Saved data entries

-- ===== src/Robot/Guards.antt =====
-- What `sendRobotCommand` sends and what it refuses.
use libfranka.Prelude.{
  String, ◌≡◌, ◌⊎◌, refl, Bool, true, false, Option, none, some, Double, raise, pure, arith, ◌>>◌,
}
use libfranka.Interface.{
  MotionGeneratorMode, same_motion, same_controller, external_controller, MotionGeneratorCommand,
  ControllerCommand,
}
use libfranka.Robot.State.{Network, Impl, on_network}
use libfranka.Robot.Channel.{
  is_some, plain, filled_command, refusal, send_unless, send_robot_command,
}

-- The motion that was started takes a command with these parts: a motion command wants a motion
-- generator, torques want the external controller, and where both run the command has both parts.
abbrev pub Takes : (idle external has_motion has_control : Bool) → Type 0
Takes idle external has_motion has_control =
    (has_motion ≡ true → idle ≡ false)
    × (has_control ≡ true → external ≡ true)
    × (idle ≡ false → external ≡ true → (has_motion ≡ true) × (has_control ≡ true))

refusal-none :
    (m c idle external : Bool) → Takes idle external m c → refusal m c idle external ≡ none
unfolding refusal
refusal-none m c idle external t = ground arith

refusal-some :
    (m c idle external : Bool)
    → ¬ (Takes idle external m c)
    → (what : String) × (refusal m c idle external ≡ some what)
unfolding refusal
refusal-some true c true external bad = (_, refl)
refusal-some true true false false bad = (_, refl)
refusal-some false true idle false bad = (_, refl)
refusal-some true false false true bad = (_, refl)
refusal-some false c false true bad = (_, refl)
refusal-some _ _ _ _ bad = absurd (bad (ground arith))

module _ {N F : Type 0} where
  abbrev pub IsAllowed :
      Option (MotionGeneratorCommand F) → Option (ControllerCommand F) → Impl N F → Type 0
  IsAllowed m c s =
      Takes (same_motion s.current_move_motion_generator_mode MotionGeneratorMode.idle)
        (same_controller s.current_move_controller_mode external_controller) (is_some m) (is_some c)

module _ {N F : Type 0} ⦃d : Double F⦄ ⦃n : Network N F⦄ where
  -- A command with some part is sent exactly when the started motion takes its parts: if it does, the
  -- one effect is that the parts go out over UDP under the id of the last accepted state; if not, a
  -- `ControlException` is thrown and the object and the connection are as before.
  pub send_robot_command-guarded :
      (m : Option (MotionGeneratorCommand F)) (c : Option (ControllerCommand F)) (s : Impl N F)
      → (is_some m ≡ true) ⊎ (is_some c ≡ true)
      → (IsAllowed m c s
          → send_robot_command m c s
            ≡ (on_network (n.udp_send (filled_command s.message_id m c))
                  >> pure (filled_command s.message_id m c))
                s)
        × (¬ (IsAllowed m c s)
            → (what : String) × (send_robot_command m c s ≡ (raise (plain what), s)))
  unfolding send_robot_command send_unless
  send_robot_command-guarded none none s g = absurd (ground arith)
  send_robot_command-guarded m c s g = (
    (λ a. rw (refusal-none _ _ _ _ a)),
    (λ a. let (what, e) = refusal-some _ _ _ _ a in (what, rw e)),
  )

...

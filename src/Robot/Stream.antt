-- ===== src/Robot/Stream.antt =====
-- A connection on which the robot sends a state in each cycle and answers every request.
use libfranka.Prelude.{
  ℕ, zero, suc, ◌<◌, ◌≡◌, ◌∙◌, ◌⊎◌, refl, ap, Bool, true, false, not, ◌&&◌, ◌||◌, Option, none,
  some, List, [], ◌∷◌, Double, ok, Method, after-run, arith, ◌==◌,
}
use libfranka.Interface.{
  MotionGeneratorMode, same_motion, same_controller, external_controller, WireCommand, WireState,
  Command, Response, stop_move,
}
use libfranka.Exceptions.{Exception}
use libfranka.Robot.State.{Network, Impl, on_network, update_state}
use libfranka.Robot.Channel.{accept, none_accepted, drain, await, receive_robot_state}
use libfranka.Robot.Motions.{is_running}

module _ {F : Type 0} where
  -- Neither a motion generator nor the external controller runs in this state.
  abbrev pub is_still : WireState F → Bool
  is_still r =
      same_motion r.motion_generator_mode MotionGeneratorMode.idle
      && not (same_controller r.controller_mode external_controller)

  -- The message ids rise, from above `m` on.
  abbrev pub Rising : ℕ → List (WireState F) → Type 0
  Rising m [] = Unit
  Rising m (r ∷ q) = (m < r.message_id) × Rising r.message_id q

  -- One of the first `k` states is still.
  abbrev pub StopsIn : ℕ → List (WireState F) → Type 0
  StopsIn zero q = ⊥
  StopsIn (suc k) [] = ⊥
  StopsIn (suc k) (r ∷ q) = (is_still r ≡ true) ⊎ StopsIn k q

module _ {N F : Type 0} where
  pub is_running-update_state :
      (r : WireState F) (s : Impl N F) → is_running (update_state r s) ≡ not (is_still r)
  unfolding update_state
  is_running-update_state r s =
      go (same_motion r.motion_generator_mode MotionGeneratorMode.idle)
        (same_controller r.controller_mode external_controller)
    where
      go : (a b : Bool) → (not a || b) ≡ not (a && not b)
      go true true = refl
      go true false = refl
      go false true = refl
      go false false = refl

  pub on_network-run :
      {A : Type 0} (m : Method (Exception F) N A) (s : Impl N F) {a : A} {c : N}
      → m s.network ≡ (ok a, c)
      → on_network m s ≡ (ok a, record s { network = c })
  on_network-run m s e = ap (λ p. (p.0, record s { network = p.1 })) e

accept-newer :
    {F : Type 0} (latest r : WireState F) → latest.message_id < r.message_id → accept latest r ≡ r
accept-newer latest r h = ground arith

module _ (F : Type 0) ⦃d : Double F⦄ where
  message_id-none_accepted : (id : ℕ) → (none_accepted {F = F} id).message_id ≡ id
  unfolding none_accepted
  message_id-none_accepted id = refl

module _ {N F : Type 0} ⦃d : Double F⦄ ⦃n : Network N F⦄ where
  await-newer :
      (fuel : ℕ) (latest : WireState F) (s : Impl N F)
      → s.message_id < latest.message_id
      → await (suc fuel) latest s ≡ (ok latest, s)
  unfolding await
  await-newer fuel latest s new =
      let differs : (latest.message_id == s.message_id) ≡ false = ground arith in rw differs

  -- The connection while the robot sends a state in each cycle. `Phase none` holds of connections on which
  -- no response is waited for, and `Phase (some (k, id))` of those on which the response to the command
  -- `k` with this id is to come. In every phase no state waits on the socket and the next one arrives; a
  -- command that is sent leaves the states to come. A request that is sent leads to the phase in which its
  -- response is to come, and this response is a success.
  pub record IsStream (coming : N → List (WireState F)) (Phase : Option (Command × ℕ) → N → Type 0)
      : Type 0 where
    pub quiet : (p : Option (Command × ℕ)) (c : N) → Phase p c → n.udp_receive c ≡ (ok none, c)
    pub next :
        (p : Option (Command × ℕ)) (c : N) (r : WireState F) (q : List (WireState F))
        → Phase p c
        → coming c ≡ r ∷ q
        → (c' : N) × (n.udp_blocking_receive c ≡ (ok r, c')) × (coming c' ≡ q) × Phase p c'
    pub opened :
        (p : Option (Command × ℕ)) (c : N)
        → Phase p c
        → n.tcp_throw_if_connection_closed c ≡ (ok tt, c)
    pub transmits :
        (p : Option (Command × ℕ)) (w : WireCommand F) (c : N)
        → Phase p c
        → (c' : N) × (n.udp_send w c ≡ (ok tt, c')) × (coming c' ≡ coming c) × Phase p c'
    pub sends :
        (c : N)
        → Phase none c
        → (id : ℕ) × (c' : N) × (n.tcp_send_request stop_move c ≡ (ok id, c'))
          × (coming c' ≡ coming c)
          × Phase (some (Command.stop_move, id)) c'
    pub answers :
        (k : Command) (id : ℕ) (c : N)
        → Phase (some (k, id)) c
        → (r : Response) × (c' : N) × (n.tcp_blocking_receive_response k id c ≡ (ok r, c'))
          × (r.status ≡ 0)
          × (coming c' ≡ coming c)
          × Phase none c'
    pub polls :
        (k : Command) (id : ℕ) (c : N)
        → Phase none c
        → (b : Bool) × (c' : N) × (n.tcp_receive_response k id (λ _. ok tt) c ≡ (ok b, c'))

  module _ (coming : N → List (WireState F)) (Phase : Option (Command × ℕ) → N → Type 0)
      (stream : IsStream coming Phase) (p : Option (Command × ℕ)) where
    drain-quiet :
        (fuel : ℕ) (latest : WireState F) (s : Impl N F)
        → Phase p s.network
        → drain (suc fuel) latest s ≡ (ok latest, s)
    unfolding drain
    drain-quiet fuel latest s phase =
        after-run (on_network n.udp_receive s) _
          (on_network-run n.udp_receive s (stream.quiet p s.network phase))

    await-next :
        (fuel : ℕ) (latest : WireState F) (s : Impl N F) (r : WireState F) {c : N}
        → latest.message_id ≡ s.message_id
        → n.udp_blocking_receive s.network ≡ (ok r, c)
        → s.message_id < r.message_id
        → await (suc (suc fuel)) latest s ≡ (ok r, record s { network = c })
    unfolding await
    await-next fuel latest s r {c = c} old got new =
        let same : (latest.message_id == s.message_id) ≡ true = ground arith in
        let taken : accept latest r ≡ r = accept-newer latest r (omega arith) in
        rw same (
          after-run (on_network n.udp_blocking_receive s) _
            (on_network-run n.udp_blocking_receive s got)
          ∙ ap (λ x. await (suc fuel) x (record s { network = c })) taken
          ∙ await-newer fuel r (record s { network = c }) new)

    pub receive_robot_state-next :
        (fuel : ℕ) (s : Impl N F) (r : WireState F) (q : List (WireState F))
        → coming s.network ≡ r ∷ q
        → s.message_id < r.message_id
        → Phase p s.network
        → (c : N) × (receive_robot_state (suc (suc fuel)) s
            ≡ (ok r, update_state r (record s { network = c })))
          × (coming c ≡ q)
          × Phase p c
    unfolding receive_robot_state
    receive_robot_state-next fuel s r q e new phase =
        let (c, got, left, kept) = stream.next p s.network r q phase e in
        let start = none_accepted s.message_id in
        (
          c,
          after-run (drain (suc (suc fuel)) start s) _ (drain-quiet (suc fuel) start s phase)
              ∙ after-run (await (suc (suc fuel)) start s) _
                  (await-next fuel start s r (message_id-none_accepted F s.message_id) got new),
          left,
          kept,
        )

» What is required: Line by line, check the data above for the word "Channel" and state how many lines contain it. Give only the number.

» Answer section: 2